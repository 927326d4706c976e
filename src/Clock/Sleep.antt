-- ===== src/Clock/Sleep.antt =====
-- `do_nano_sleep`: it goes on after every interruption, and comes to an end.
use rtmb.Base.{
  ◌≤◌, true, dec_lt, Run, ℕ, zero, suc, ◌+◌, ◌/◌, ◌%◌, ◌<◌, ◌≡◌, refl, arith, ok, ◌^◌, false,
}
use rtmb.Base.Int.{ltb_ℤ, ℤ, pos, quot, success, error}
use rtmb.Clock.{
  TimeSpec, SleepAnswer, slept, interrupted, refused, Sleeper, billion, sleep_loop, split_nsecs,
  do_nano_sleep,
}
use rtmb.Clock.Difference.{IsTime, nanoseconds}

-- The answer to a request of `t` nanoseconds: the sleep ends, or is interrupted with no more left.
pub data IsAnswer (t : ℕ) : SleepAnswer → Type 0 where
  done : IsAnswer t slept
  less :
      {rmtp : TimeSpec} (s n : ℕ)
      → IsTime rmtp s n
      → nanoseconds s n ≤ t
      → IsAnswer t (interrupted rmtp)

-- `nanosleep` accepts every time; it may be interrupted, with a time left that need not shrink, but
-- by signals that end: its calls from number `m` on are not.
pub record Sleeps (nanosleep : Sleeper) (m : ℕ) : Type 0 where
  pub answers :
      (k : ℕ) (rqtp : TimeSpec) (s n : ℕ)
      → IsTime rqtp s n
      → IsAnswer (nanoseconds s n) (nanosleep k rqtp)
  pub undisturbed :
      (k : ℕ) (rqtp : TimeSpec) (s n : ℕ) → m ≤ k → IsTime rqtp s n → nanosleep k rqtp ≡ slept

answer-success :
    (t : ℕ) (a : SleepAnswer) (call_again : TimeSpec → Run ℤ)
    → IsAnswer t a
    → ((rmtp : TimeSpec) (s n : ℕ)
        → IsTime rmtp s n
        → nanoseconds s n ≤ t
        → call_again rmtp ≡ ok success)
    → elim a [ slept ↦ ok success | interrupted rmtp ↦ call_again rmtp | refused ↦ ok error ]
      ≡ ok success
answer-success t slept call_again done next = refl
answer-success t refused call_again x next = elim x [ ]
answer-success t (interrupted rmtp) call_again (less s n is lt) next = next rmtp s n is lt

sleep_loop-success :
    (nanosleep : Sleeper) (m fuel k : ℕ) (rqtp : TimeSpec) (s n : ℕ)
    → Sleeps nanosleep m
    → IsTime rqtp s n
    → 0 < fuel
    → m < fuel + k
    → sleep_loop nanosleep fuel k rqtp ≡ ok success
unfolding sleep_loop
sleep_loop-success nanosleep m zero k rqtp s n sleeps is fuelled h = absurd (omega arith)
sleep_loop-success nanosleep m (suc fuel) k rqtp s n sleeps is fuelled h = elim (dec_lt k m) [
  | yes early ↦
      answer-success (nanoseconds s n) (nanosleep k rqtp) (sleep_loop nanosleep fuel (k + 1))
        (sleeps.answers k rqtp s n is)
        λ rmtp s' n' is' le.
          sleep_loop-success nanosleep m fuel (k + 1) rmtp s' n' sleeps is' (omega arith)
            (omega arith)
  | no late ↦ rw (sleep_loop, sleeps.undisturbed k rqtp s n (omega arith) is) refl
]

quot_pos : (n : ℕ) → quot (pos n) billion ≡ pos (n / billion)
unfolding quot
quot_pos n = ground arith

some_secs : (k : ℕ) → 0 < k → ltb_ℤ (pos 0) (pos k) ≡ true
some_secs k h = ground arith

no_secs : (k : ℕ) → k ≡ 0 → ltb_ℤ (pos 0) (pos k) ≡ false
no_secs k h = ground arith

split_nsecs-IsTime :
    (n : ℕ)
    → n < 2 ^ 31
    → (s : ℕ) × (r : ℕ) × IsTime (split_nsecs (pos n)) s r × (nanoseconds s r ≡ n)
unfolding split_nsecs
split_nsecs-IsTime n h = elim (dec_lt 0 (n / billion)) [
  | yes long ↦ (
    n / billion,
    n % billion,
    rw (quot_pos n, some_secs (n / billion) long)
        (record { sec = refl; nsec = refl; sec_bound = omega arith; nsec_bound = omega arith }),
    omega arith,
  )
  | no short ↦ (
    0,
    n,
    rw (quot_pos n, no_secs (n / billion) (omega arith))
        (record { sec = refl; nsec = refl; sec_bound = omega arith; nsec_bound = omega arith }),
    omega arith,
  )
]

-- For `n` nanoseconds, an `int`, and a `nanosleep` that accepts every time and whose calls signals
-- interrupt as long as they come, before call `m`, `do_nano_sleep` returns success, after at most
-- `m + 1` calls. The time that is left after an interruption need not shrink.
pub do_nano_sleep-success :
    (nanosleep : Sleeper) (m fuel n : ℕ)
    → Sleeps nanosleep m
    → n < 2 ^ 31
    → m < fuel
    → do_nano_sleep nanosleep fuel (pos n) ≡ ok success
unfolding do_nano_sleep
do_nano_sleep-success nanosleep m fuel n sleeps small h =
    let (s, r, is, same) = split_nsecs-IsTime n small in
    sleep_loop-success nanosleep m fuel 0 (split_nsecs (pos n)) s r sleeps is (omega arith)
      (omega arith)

********************

> How to complete this task
Work out how many lines above have the string "that" in them, and give only the number.

> Task answer
4